# Venison Snack Sticks-Oven



## pawildoutdoors

What is the best temperature to cook venison snack sticks at in the oven, it seems like they take longer than what they should take. My oven goes down to 170 degrees, what do you guys suggest?


----------



## Bearcarver

I did my Unstuffed Sticks in my Smoker, but I started lower to get more smoke, and jacked it up to finish them.

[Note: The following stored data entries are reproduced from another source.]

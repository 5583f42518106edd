-- ===== src/Sender/Retries.antt =====
-- How the client's `send` of src/helpers/server_sender.rs ends: when it returns, that it hands a
-- message over at most once, and after how many attempts it gives up.
use atomic_websocket.Base.{
  ℕ, suc, ◌∙◌, ◌≤◌, ◌≡◌, ◌↔◌, inl, inr, Text, false, if◌then◌else◌, Option-cases, Option, none,
  some, [], ◌∷◌, ◌++◌, arith, ap,
}
use atomic_websocket.Runtime.Channel.{Channel}
use atomic_websocket.Message.{Outgoing}
use atomic_websocket.Metrics
use atomic_websocket.Options.{internal, external}
use atomic_websocket.Sender.Attempts.{
  FirstAccepted, FirstWaiting, AllRefused, attempts_cases, new_loop, new_loop-accepted,
  new_loop-waiting, new_loop-refused,
}
use atomic_websocket.Sender.{
  report, send_on, finish, disconnected, SenderStatus, Task, dial_internal, dial_outer, Report,
  limit_count, ServerSender, send, Reply, refuses, waits,
}

abbrev pub limit_of : {S : Channel SenderStatus} {C : Channel Text} → ServerSender S C → ℕ
limit_of s = limit_count s.options.retry_seconds

module _ (S : Channel SenderStatus) (C : Channel Text) where
  send-ended :
      (replies : ℕ → Reply) (m : Outgoing) (s : ServerSender S C) (sx : ℕ) (r : Report)
      → s.sx ≡ some sx
      → new_loop replies s.options.retry_seconds ≡ some r
      → send S C replies m s ≡ some (report S C sx m r s)
  unfolding send new_loop
  send-ended replies m s sx r e h =
      ap (λ o. send_on S C replies m o s) e ∙ ap (λ o. finish S C sx m o s) h

  -- Where the channel accepts the message at one of the attempts 0 to the limit, `send` hands it
  -- over once, to the writer that `sx` names, and counts it as sent; nothing else changes.
  pub send-accepted :
      (replies : ℕ → Reply) (m : Outgoing) (s : ServerSender S C) (sx k : ℕ)
      → s.sx ≡ some sx
      → k ≤ limit_of s
      → FirstAccepted k replies
      → send S C replies m s
        ≡ some (record s {
          handed = s.handed ++ (sx, m) ∷ [];
          metrics = Metrics.inc_messages_sent s.metrics;
        })
  send-accepted replies m s sx k e l first =
      send-ended replies m s sx _ e (new_loop-accepted k _ replies l first)

  abbrev pub attempt : ServerSender S C → Task
  attempt s = elim (s.options.atomic_websocket_type) [
    | internal ↦ dial_internal s.server_ip s.options
    | external ↦ dial_outer s.options
  ]

  -- Where the channel of a connection refuses all attempts up to the limit, `send` hands nothing
  -- over, counts one error, offers the status `disconnected` to the application, and spawns one new
  -- connection attempt of the configured kind if the sender was registered.
  pub send-refused :
      (replies : ℕ → Reply) (m : Outgoing) (s : ServerSender S C) (sx : ℕ)
      → s.sx ≡ some sx
      → AllRefused (limit_of s) replies
      → (s' : ServerSender S C) × (send S C replies m s ≡ some s')
        × (s'.handed ≡ s.handed)
        × (s'.metrics ≡ Metrics.inc_send_errors s.metrics)
        × (s'.spawned ≡ (if s.server_sender then s.spawned ++ attempt s ∷ [] else s.spawned))
        × (s'.status_tx ≡ (S.try_send s.status_tx disconnected).1)
  send-refused replies m s sx e refused = (
    report S C sx m (record { was_sent = false; attempts = suc (limit_of s) }) s,
    send-ended replies m s sx _ e (new_loop-refused _ replies refused),
    ground arith,
    ground arith,
    ground arith,
    ground arith,
  )

  send-hangs :
      (replies : ℕ → Reply) (m : Outgoing) (s : ServerSender S C) (sx : ℕ)
      → s.sx ≡ some sx
      → new_loop replies s.options.retry_seconds ≡ none
      → send S C replies m s ≡ none
  unfolding send new_loop
  send-hangs replies m s sx e h =
      ap (λ o. send_on S C replies m o s) e ∙ ap (λ o. finish S C sx m o s) h

  -- No attempt that the sender could come to is left unanswered.
  abbrev pub IsAnswered : ServerSender S C → (ℕ → Reply) → Type 0
  IsAnswered s replies = (i : ℕ) → i ≤ limit_of s → replies i ≡ waits → ⊥

  some-not-none : (s : ServerSender S C) (o : Option (ServerSender S C)) → o ≡ some s → o ≡ none → ⊥
  some-not-none s o e h = cc

  refuses-not-waits : (r : Reply) → r ≡ refuses → r ≡ waits → ⊥
  refuses-not-waits r e h = cc

  -- `send` on a connection does not return exactly if one of its attempts, up to the limit, is never
  -- answered after all earlier ones were refused.
  pub send-waits_iff :
      (replies : ℕ → Reply) (m : Outgoing) (s : ServerSender S C) (sx : ℕ)
      → s.sx ≡ some sx
      → (send S C replies m s ≡ none) ↔ ((k : ℕ) × (k ≤ limit_of s) × FirstWaiting k replies)
  send-waits_iff replies m s sx e = (
    λ h. elim (attempts_cases (limit_of s) replies) [
      | inl (k, l, first) ↦ absurd (some-not-none _ _ (send-accepted replies m s sx k e l first) h)
      | inr (inl found) ↦ found
      | inr (inr refused) ↦
          let r = send-refused replies m s sx e refused in absurd (some-not-none _ _ r.1 h)
    ],
    λ (k, l, first). send-hangs replies m s sx e (new_loop-waiting k _ replies l first),
  )

  -- `send` returns where no attempt is left unanswered.
  pub send-returns :
      (replies : ℕ → Reply) (m : Outgoing) (s : ServerSender S C)
      → IsAnswered s replies
      → (s' : ServerSender S C) × (send S C replies m s ≡ some s')
  unfolding send FirstWaiting
  send-returns replies m s answered = elim (Option-cases s.sx) [
    | inl e ↦ (s, ap (λ o. send_on S C replies m o s) e)
    | inr (sx, e) ↦ elim (attempts_cases (limit_of s) replies) [
      | inl (k, l, first) ↦ (_, send-accepted replies m s sx k e l first)
      | inr (inl (k, l, (w, before))) ↦ absurd (answered k l w)
      | inr (inr refused) ↦ let r = send-refused replies m s sx e refused in (r.0, r.1)
    ]
  ]
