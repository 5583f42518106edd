-- ===== src/Connect/Stream/Expected.antt =====
-- What the application is to get from a client's session of src/helpers/get_internal_websocket.rs, in
-- terms of the messages that its server sent.
use atomic_websocket.Base.{
  ◌≡◌, refl, Text, Bool, true, false, not, ◌==◌, if◌then◌else◌, Option-cases, inl, inr, Option,
  none, some, List, [], ◌∷◌, ◌++◌, filter, put, put-append, arith,
}
use atomic_websocket.Schema.{Primitives, Category, Data, data_codec, category_code}
use atomic_websocket.Message.{get_data_schema, code16}
use atomic_websocket.Connect.Stream.{Event, message, end_of_stream, wake, send}

-- The messages of the stream, until it ends.
abbrev pub frames : List Event → List Text
frames [] = []
frames (message now taken value ∷ es) = value ∷ frames es
frames (end_of_stream ∷ es) = []
frames (wake replies ∷ es) = frames es
frames (send replies m ∷ es) = frames es

abbrev pub readable : List Text → List Data
readable [] = []
readable (value ∷ vs) = put (get_data_schema value) (readable vs)

abbrev pub before_disconnect : List Data → List Data
before_disconnect [] = []
before_disconnect (d ∷ ds) =
    if d.category == code16 Category.disconnect then [] else d ∷ before_disconnect ds

abbrev pub encoded : Primitives → List Data → List Text
encoded P [] = []
encoded P (d ∷ ds) = put ((data_codec P).encode d) (encoded P ds)

-- The messages for the application: those before the first disconnect that can be read and are no
-- pong, each serialized again.
abbrev pub for_application : Primitives → List Text → List Text
for_application P vs =
    encoded P
      (filter (λ d. not (d.category == code16 Category.pong)) (before_disconnect (readable vs)))

-- What one message contributes, and whether the reader goes on.
abbrev pub verdict : Primitives → Option Data → List Text × Bool
verdict P none = ([], true)
verdict P (some d) =
    if d.category == code16 Category.pong
    then ([], true)
    else if d.category == code16 Category.disconnect
    then ([], false)
    else (put ((data_codec P).encode d) [], true)

pub for_application-cons :
    (P : Primitives) (value : Text) (vs : List Text)
    → for_application P (value ∷ vs) ≡ (
        let r = verdict P (get_data_schema value) in
        r.0 ++ (if r.1 then for_application P vs else []))
unfolding category_code
for_application-cons P value vs = elim (Option-cases (get_data_schema value)) [
  | inl e ↦ rw e refl
  | inr (d, e) ↦ rw e (by_data d)
]
  where
    by_data :
        (d : Data)
        → encoded P (
            filter
              (λ d'. not (d'.category == code16 Category.pong))
              (before_disconnect (d ∷ readable vs)))
          ≡ (let r = verdict P (some d) in r.0 ++ (if r.1 then for_application P vs else []))
    by_data d = ground (arith, put-append ((data_codec P).encode d) (for_application P vs))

I would say if you have to use the oven, 170° would be fine for the whole time.
That however would take a long time because the temp isn't much higher than you're taking the Sticks to finish.
No Smoker??

My "Unstuffed Sticks":
*Unstuffed Beef Sticks (All Beef)  *

Bear


----------



## zachd

I usually start at 145 bump to 160 then go up to 175 180

So I would do 170 then bump to 175 then to 180 in oven


----------



## DIYerDave

I do mine in a dehydrater set at 155°. It takes about 6 hours. I only finish mine in the oven for 15 minutes set at 200° rack all the way up. A lot of variables come into play. Thickness, fat content, casings or no casings, etc. How long does it take you?


----------



## pawildoutdoors

Bearcarver said:


> I did my Unstuffed Sticks in my Smoker, but I started lower to get more smoke, and jacked it up to finish them.
> 
> I would say if you have to use the oven, 170° would be fine for the whole time.
> That however would take a long time because the temp isn't much higher than you're taking the Sticks to finish.
> No Smoker??
> 
> My "Unstuffed Sticks":
> *Unstuffed Beef Sticks (All Beef)  *
> 
> Bear


No smoker and theses are in collagen casings. I need to get a cheap small smoker sometime.


----------



## pawildoutdoors

DIYerDave said:


> I do mine in a dehydrater set at 155°. It takes about 6 hours. I only finish mine in the oven for 15 minutes set at 200° rack all the way up. A lot of variables come into play. Thickness, fat content, casings or no casings, etc. How long does it take you?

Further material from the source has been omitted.